» Action item: Your answer should be the lines below from the one holding "-- A word between" through the one holding "ap (λ st. finish (read_all st (quoted", copied exactly and with nothing else.

» Supplied data:
***

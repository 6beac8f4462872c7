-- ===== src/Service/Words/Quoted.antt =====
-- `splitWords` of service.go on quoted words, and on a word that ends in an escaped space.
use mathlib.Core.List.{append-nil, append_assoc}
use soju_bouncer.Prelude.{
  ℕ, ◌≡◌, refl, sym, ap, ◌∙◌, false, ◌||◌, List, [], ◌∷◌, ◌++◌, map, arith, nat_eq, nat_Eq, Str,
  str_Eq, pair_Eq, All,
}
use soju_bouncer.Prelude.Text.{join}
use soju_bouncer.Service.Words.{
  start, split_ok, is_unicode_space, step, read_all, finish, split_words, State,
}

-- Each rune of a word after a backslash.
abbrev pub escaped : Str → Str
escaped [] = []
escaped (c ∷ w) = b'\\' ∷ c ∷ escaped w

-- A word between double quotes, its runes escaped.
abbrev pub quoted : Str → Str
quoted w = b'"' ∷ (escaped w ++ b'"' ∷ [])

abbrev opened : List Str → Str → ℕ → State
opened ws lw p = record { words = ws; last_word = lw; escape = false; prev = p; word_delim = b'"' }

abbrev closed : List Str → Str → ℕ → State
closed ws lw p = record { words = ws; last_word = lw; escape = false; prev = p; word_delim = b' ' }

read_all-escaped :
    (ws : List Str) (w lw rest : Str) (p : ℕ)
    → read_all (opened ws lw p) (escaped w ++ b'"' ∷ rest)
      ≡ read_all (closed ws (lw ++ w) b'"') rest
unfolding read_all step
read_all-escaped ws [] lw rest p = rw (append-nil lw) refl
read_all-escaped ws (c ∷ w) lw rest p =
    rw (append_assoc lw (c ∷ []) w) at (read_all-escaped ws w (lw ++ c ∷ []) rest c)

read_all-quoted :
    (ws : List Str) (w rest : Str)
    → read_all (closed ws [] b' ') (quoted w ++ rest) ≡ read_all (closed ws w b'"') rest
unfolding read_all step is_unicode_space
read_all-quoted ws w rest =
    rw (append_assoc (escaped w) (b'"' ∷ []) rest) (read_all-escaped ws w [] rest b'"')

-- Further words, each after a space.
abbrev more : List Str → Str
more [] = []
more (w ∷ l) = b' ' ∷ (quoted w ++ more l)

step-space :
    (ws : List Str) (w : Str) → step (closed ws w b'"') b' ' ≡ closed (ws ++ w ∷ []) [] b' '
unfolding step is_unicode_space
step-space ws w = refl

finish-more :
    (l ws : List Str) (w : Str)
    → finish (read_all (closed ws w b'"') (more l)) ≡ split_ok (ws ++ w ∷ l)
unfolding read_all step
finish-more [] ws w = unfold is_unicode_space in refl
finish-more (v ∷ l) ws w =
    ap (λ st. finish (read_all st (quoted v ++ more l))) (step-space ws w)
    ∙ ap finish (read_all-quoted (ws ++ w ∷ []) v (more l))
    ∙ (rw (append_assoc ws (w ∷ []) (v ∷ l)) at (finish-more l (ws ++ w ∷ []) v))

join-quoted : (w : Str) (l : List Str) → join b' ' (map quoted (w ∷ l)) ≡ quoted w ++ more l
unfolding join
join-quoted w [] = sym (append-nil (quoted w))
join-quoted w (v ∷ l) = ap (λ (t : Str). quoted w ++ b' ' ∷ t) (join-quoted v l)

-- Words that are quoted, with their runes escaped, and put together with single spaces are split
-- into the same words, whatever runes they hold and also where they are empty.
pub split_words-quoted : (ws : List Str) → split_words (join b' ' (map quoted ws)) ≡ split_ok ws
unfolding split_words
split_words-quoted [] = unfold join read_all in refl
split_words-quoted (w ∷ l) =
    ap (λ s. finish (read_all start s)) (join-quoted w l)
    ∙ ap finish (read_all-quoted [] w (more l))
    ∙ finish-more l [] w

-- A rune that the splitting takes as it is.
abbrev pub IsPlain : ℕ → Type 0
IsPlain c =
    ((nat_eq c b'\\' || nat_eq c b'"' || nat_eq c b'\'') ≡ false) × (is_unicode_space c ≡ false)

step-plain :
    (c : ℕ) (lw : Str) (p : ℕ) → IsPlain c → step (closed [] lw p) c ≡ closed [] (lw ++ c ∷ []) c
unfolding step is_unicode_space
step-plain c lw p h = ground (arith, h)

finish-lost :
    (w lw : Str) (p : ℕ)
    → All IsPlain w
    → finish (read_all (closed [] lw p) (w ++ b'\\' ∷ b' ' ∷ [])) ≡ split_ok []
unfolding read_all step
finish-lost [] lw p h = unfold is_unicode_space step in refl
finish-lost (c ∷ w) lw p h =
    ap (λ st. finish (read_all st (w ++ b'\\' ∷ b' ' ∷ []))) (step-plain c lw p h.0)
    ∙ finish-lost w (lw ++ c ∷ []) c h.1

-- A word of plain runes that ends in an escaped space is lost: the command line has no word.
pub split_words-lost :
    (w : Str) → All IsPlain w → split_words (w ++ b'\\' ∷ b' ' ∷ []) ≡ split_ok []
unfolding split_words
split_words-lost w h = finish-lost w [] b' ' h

***

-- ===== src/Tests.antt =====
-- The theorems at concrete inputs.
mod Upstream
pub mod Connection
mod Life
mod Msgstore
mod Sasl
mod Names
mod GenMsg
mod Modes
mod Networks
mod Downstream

***

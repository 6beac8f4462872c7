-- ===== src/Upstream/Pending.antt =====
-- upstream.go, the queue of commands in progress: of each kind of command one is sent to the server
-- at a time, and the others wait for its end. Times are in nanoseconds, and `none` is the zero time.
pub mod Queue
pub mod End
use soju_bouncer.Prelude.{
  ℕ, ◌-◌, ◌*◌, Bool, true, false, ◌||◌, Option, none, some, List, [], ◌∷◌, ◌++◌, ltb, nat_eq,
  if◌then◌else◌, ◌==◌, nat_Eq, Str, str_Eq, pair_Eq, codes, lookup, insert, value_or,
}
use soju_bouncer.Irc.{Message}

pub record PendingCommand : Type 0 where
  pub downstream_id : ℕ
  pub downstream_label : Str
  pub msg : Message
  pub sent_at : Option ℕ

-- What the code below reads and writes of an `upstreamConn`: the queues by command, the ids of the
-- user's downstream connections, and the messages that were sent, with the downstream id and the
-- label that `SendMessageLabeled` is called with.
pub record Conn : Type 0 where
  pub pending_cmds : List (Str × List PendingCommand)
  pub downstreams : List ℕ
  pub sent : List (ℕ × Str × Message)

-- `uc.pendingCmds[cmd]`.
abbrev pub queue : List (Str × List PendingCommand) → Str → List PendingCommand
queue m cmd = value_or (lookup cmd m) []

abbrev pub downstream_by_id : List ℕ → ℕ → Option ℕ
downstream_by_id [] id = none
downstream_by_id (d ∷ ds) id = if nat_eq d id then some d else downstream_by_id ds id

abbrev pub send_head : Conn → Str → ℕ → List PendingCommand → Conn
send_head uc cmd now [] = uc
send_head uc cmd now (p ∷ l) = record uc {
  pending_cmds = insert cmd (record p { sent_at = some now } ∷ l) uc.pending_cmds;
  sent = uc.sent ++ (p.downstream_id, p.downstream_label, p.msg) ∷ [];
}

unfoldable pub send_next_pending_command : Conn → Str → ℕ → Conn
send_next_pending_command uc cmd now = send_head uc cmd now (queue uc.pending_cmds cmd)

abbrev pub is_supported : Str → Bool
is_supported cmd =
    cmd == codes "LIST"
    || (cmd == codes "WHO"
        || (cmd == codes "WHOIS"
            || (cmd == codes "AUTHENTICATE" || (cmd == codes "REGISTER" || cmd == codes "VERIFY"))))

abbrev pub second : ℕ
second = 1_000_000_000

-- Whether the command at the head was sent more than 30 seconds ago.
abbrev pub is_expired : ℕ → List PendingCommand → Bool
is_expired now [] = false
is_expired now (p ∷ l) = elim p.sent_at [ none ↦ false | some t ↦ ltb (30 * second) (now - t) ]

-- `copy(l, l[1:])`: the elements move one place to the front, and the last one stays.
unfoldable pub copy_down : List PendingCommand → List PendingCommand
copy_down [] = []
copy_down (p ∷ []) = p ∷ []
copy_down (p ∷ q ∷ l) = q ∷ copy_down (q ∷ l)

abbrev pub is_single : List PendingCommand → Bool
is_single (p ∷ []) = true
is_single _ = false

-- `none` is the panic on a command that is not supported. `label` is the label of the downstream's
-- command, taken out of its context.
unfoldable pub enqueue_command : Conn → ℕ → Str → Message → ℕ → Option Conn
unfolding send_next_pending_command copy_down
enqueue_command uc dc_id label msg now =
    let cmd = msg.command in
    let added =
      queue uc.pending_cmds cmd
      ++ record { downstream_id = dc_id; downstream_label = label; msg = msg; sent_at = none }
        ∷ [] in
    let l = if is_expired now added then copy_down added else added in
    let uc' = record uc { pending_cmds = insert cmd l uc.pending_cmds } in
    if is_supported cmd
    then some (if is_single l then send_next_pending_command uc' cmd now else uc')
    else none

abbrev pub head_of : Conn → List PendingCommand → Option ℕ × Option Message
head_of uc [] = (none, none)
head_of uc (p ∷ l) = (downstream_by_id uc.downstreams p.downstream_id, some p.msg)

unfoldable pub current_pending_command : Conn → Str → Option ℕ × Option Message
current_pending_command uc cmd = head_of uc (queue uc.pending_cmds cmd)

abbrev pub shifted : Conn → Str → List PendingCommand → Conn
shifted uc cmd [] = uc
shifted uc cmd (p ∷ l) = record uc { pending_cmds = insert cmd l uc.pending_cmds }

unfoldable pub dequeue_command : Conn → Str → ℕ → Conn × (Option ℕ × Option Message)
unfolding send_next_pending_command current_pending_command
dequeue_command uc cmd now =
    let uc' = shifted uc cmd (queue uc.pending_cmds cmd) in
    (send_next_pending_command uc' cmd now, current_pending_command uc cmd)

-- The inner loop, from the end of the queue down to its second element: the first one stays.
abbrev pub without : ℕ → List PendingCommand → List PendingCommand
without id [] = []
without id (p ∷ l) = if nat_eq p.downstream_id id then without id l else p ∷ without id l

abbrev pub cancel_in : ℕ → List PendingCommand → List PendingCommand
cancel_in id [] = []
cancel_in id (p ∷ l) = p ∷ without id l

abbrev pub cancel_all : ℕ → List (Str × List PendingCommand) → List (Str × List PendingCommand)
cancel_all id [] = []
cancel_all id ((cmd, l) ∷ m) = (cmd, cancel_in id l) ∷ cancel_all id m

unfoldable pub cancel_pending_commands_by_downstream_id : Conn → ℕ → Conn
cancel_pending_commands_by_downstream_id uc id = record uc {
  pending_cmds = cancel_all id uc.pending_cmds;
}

***

» Written response:
-- A word between double quotes, its runes escaped.
abbrev pub quoted : Str → Str
quoted w = b'"' ∷ (escaped w ++ b'"' ∷ [])

abbrev opened : List Str → Str → ℕ → State
opened ws lw p = record { words = ws; last_word = lw; escape = false; prev = p; word_delim = b'"' }

abbrev closed : List Str → Str → ℕ → State
closed ws lw p = record { words = ws; last_word = lw; escape = false; prev = p; word_delim = b' ' }

read_all-escaped :
    (ws : List Str) (w lw rest : Str) (p : ℕ)
    → read_all (opened ws lw p) (escaped w ++ b'"' ∷ rest)
      ≡ read_all (closed ws (lw ++ w) b'"') rest
unfolding read_all step
read_all-escaped ws [] lw rest p = rw (append-nil lw) refl
read_all-escaped ws (c ∷ w) lw rest p =
    rw (append_assoc lw (c ∷ []) w) at (read_all-escaped ws w (lw ++ c ∷ []) rest c)

read_all-quoted :
    (ws : List Str) (w rest : Str)
    → read_all (closed ws [] b' ') (quoted w ++ rest) ≡ read_all (closed ws w b'"') rest
unfolding read_all step is_unicode_space
read_all-quoted ws w rest =
    rw (append_assoc (escaped w) (b'"' ∷ []) rest) (read_all-escaped ws w [] rest b'"')

-- Further words, each after a space.
abbrev more : List Str → Str
more [] = []
more (w ∷ l) = b' ' ∷ (quoted w ++ more l)

step-space :
    (ws : List Str) (w : Str) → step (closed ws w b'"') b' ' ≡ closed (ws ++ w ∷ []) [] b' '
unfolding step is_unicode_space
step-space ws w = refl

finish-more :
    (l ws : List Str) (w : Str)
    → finish (read_all (closed ws w b'"') (more l)) ≡ split_ok (ws ++ w ∷ l)
unfolding read_all step
finish-more [] ws w = unfold is_unicode_space in refl
finish-more (v ∷ l) ws w =
    ap (λ st. finish (read_all st (quoted v ++ more l))) (step-space ws w)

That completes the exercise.